WHAT IS REQUIRED:
Exactly as they appear below, repeat the lines from the one with "else some (on_disconnect ec s))" through the one with "dispatch-IsGated read_handshake_via_socks (readable", and no others.

==== ENTRIES PROVIDED

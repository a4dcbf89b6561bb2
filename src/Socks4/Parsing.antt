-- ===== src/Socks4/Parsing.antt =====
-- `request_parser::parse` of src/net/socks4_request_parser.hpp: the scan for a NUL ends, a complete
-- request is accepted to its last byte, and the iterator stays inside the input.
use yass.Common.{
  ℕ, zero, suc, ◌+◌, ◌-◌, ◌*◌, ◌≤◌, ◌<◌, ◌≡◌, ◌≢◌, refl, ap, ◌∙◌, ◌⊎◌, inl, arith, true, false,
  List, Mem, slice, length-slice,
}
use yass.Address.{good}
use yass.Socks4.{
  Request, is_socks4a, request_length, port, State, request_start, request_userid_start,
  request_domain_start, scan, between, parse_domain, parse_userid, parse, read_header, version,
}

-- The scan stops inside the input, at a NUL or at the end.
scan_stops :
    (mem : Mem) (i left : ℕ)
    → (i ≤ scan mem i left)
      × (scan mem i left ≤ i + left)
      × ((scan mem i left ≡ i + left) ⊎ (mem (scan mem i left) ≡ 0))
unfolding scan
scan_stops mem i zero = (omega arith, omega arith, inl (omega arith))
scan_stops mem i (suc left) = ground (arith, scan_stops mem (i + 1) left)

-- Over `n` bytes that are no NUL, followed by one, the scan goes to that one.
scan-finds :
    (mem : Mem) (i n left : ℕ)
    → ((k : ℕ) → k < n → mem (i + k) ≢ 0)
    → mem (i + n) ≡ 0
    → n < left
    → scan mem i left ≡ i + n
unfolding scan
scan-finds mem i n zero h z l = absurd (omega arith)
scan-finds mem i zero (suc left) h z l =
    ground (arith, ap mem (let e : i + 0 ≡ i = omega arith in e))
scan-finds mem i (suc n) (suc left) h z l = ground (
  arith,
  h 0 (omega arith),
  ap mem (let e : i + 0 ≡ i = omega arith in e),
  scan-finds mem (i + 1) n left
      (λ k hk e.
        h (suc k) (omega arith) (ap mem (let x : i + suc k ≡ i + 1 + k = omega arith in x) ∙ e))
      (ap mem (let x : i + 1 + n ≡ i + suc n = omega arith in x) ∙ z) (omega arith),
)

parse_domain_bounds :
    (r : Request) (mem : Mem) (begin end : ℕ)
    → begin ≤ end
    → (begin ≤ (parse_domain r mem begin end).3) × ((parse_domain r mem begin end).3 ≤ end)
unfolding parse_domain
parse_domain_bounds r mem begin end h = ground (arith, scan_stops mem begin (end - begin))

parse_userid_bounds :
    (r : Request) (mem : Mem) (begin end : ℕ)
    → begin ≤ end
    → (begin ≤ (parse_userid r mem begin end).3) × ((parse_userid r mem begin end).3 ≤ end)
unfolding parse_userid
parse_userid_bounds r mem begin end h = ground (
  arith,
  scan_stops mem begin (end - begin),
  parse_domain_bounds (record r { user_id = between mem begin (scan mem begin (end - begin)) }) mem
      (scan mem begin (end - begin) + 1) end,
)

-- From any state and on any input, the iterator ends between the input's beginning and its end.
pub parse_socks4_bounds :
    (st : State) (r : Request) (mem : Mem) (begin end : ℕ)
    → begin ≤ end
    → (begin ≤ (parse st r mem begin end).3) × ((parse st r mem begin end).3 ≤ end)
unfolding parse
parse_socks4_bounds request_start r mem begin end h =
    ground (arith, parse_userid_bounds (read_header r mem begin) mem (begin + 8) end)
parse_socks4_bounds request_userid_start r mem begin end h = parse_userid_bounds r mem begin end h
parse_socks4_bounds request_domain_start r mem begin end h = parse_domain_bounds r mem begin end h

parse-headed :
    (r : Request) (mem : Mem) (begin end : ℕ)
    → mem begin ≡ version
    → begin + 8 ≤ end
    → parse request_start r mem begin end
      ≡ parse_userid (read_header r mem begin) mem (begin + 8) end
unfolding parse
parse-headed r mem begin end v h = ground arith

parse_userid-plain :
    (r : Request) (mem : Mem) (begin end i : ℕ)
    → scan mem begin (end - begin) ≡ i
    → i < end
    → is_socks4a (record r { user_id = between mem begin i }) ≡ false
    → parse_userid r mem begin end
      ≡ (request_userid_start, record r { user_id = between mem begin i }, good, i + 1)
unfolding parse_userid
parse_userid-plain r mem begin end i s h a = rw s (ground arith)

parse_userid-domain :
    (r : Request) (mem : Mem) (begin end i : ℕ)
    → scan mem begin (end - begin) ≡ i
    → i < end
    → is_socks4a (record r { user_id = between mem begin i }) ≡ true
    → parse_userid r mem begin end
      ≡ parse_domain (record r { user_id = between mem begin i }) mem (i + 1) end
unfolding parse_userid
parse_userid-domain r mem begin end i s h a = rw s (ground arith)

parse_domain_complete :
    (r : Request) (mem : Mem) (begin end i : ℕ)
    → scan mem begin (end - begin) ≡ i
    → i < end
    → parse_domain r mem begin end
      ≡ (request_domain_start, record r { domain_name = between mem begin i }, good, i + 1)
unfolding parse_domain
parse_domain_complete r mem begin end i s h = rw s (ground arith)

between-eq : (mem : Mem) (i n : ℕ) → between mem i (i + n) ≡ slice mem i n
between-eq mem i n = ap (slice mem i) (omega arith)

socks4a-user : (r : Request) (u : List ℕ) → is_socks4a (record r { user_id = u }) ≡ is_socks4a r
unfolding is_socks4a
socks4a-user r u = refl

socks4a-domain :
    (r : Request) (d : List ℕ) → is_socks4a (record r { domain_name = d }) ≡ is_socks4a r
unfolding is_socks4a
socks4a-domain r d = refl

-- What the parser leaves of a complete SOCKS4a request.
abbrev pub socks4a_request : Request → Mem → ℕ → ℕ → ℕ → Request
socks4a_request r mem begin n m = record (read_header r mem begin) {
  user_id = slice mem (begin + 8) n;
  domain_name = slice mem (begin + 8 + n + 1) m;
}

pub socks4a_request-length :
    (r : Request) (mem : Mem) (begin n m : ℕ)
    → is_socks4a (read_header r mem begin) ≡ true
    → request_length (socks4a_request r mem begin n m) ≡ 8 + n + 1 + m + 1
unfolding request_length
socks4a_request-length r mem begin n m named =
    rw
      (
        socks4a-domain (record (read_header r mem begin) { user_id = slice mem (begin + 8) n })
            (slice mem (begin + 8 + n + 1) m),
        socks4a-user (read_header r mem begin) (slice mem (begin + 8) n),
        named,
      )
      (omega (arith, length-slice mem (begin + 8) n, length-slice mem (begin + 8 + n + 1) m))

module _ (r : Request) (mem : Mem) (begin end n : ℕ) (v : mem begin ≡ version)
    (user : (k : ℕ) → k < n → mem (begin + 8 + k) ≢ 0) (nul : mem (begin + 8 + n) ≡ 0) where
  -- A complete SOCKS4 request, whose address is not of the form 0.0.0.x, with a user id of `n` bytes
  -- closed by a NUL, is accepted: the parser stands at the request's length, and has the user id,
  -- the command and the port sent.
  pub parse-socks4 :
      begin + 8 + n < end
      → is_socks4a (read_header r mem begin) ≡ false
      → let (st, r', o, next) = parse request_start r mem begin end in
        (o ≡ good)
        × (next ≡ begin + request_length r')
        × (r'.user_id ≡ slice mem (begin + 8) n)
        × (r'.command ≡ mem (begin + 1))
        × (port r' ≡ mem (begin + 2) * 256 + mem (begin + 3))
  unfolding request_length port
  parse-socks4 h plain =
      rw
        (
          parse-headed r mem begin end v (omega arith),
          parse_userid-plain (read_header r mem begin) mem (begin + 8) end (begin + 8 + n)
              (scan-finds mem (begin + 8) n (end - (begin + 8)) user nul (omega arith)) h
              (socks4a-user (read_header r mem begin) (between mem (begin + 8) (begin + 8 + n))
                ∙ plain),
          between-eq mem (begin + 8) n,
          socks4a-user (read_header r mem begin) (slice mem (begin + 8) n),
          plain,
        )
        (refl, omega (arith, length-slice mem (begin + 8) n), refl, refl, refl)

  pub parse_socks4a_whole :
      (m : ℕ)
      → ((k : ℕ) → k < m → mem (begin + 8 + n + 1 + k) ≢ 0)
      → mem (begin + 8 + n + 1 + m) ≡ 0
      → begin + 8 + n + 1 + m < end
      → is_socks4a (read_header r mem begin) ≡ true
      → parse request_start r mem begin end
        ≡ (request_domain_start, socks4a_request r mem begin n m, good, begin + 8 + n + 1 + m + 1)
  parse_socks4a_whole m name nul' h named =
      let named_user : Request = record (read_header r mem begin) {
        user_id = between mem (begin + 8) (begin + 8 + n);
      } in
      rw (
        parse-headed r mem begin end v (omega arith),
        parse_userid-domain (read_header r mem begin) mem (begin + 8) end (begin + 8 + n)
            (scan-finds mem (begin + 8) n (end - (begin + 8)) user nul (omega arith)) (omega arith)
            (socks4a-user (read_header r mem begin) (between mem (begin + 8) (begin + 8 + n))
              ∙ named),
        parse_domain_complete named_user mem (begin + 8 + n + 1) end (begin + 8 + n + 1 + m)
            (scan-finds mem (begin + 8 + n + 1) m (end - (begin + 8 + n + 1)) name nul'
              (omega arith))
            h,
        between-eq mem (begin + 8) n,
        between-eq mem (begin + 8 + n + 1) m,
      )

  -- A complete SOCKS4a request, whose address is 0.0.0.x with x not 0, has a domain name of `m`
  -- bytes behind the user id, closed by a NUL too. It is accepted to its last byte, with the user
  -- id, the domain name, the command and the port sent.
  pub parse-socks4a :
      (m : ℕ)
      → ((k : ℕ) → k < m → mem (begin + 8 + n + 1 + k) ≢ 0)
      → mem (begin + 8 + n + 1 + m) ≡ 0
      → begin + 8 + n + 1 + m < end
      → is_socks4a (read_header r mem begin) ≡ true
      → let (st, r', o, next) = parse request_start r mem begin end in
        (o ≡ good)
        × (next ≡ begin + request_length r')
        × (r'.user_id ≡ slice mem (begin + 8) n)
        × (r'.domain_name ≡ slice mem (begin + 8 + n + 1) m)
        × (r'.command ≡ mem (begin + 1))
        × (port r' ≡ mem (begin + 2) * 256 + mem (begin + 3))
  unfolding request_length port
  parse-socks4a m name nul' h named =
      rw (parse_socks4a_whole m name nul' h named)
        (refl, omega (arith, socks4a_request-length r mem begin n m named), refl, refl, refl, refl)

========
==== ENTRIES PROVIDED

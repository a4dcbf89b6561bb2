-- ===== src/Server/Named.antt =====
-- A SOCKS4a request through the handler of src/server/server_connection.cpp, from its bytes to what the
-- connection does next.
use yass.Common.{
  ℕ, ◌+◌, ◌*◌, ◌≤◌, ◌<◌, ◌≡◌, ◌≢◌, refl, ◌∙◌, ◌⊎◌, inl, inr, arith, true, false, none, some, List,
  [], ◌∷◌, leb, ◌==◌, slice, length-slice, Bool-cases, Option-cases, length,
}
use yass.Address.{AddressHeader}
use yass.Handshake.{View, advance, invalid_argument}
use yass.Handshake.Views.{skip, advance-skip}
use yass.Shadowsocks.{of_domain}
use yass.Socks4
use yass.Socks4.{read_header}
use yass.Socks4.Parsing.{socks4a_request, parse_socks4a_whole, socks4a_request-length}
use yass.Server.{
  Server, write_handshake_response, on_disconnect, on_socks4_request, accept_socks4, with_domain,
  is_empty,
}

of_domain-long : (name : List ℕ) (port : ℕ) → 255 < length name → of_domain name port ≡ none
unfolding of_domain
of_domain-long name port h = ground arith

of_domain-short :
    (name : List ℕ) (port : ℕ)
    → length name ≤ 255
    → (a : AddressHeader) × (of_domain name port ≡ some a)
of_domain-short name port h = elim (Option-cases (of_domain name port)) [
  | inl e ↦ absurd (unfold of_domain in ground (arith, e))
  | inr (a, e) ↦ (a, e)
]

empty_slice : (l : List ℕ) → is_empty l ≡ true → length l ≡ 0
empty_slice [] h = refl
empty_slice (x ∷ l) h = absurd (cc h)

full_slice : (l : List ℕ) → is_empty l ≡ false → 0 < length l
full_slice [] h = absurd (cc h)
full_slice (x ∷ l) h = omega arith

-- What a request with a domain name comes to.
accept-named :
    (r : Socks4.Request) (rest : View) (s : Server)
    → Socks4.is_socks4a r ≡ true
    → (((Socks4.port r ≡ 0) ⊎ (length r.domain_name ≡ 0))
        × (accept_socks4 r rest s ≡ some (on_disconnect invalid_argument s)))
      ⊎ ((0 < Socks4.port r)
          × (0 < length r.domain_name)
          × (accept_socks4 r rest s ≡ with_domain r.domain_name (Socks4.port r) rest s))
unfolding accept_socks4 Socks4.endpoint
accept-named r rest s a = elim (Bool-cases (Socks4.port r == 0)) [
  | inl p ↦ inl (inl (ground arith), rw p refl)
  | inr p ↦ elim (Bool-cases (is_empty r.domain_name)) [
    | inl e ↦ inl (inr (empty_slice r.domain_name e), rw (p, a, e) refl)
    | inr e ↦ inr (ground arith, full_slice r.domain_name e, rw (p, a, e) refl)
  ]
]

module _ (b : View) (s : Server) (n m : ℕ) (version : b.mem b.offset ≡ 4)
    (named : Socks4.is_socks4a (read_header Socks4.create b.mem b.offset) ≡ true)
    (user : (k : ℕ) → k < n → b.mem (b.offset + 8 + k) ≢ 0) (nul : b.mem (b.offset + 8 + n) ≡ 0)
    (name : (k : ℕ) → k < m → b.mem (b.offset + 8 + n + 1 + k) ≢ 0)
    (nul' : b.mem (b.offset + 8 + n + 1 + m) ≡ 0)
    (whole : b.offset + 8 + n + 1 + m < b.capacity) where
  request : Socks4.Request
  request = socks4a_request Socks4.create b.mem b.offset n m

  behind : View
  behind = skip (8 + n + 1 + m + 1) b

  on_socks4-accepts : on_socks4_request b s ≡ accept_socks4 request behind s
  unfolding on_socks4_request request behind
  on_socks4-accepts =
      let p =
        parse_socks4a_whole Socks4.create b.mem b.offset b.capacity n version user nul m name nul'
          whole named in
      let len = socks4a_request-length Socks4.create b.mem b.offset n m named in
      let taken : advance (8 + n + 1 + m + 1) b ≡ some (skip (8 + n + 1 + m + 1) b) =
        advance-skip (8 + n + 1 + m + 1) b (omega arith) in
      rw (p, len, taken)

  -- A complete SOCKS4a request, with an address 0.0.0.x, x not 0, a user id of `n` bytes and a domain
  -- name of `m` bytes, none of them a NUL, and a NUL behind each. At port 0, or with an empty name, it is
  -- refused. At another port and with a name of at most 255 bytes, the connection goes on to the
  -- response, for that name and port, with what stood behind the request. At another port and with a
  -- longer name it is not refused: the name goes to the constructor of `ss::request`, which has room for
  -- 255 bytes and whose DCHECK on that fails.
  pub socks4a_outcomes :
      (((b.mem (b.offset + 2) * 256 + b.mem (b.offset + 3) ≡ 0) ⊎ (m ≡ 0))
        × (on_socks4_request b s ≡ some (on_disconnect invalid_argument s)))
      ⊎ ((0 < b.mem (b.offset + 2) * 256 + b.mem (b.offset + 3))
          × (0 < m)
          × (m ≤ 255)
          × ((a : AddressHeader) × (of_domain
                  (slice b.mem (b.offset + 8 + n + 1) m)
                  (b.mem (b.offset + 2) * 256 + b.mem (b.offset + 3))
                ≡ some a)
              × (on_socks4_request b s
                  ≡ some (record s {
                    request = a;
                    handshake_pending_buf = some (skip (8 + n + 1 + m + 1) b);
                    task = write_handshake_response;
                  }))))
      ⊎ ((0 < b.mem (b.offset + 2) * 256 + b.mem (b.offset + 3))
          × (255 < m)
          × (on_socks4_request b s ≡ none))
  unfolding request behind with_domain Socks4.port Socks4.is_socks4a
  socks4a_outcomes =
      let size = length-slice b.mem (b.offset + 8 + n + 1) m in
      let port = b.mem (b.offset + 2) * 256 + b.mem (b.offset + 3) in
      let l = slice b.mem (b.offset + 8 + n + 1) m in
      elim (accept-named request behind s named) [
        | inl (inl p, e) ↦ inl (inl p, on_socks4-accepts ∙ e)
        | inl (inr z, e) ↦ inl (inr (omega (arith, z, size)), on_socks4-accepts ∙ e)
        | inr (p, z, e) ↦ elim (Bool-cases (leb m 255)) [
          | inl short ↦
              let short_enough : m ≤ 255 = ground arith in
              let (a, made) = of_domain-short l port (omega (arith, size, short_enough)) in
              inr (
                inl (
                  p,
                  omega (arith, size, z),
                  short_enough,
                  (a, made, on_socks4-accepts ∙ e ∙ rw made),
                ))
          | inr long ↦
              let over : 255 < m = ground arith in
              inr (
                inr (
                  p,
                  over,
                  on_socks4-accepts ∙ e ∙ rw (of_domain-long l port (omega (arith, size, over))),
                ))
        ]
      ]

========
==== ENTRIES PROVIDED

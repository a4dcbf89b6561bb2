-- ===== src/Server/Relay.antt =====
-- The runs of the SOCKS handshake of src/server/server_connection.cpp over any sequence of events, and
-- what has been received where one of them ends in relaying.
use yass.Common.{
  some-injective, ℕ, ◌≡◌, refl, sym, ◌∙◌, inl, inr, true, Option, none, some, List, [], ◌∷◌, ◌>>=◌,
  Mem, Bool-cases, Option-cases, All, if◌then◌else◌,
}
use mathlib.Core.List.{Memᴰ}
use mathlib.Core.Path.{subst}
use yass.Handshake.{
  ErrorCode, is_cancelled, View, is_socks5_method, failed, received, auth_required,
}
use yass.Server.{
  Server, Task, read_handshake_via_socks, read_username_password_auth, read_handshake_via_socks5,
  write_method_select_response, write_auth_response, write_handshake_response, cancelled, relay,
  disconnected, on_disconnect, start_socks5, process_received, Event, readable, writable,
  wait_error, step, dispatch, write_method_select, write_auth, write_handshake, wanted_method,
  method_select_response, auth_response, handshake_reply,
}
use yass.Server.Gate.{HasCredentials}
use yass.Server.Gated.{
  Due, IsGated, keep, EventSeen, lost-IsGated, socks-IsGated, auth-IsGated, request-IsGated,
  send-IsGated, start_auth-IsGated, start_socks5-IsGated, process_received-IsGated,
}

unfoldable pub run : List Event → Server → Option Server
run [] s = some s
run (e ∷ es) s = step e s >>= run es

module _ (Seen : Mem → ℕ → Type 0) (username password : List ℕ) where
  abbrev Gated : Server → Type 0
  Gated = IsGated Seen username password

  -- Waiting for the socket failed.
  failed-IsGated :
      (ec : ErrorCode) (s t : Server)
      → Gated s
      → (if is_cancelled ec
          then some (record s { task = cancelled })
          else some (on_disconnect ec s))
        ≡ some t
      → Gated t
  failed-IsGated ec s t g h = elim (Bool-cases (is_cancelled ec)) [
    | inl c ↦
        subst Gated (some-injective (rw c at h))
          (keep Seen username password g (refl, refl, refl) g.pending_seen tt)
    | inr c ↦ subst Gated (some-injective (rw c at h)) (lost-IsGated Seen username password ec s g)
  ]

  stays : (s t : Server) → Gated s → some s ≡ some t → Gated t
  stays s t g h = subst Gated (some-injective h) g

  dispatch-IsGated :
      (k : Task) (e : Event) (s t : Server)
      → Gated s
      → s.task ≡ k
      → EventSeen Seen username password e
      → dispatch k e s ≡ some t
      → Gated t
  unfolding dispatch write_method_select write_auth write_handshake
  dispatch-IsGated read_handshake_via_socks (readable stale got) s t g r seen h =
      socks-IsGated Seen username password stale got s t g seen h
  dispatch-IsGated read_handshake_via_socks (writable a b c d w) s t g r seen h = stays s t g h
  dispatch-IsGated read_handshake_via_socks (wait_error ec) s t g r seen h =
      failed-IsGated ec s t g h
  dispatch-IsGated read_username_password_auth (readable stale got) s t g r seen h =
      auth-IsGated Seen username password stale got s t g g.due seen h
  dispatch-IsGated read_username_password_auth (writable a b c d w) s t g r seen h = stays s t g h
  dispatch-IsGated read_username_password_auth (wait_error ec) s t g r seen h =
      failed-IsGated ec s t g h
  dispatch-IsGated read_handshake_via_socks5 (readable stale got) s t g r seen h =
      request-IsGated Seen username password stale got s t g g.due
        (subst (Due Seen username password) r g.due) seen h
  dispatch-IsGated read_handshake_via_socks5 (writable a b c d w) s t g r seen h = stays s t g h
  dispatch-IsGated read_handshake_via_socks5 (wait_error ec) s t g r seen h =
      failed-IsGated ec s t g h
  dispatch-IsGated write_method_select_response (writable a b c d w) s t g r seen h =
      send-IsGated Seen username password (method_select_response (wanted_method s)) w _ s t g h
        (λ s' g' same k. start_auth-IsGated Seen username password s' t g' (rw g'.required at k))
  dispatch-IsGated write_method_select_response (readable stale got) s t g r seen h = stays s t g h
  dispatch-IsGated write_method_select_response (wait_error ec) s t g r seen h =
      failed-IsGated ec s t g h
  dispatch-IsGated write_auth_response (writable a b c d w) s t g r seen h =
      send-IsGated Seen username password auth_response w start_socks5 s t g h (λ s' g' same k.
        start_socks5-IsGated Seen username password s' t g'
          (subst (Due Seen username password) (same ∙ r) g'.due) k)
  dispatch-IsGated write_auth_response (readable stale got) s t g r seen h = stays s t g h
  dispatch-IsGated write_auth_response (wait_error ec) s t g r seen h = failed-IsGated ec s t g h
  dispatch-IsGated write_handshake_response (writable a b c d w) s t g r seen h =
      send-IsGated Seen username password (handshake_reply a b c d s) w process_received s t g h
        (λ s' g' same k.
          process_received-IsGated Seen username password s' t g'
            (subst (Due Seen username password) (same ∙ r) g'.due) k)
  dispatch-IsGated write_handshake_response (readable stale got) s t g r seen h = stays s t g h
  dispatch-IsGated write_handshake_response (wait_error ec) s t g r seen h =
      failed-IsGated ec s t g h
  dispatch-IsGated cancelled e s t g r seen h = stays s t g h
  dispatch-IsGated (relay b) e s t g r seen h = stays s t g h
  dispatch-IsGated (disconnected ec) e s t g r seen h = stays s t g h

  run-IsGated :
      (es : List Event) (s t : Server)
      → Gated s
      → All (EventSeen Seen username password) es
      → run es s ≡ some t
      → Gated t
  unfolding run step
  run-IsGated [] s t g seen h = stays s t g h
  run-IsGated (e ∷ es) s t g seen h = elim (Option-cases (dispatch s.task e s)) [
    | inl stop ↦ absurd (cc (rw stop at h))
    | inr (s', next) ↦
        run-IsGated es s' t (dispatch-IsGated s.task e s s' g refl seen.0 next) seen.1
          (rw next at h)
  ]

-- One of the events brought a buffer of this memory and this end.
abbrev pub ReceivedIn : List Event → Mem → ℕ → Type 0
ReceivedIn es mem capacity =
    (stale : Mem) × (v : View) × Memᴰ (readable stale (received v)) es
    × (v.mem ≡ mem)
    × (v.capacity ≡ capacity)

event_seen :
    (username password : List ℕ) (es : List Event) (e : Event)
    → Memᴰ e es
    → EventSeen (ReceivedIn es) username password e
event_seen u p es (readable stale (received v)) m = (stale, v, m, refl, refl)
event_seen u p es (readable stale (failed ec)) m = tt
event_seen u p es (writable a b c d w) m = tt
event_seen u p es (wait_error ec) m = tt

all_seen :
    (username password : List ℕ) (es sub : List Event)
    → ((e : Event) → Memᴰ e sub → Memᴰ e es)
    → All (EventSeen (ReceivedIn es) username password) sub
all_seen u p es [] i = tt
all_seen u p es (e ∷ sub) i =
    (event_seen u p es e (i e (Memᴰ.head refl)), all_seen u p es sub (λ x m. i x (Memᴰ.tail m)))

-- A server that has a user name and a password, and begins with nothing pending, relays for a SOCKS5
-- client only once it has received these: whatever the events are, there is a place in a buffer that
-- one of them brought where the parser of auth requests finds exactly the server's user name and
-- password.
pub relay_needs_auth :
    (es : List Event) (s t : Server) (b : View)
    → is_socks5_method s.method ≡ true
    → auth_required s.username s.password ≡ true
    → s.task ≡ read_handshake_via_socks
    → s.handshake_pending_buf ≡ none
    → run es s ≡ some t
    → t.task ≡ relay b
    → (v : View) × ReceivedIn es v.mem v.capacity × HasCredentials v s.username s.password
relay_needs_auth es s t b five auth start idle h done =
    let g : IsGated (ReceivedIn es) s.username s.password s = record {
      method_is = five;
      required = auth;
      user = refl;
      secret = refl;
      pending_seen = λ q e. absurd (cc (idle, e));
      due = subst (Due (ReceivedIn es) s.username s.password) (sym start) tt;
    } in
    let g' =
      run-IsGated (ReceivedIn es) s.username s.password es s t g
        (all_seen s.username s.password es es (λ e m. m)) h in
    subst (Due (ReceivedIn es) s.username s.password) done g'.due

========

ANSWER TO THIS TASK:
          else some (on_disconnect ec s))
        ≡ some t
      → Gated t
  failed-IsGated ec s t g h = elim (Bool-cases (is_cancelled ec)) [
    | inl c ↦
        subst Gated (some-injective (rw c at h))
          (keep Seen username password g (refl, refl, refl) g.pending_seen tt)
    | inr c ↦ subst Gated (some-injective (rw c at h)) (lost-IsGated Seen username password ec s g)
  ]

  stays : (s t : Server) → Gated s → some s ≡ some t → Gated t
  stays s t g h = subst Gated (some-injective h) g

  dispatch-IsGated :
      (k : Task) (e : Event) (s t : Server)
      → Gated s
      → s.task ≡ k
      → EventSeen Seen username password e
      → dispatch k e s ≡ some t
      → Gated t
  unfolding dispatch write_method_select write_auth write_handshake
  dispatch-IsGated read_handshake_via_socks (readable stale got) s t g r seen h =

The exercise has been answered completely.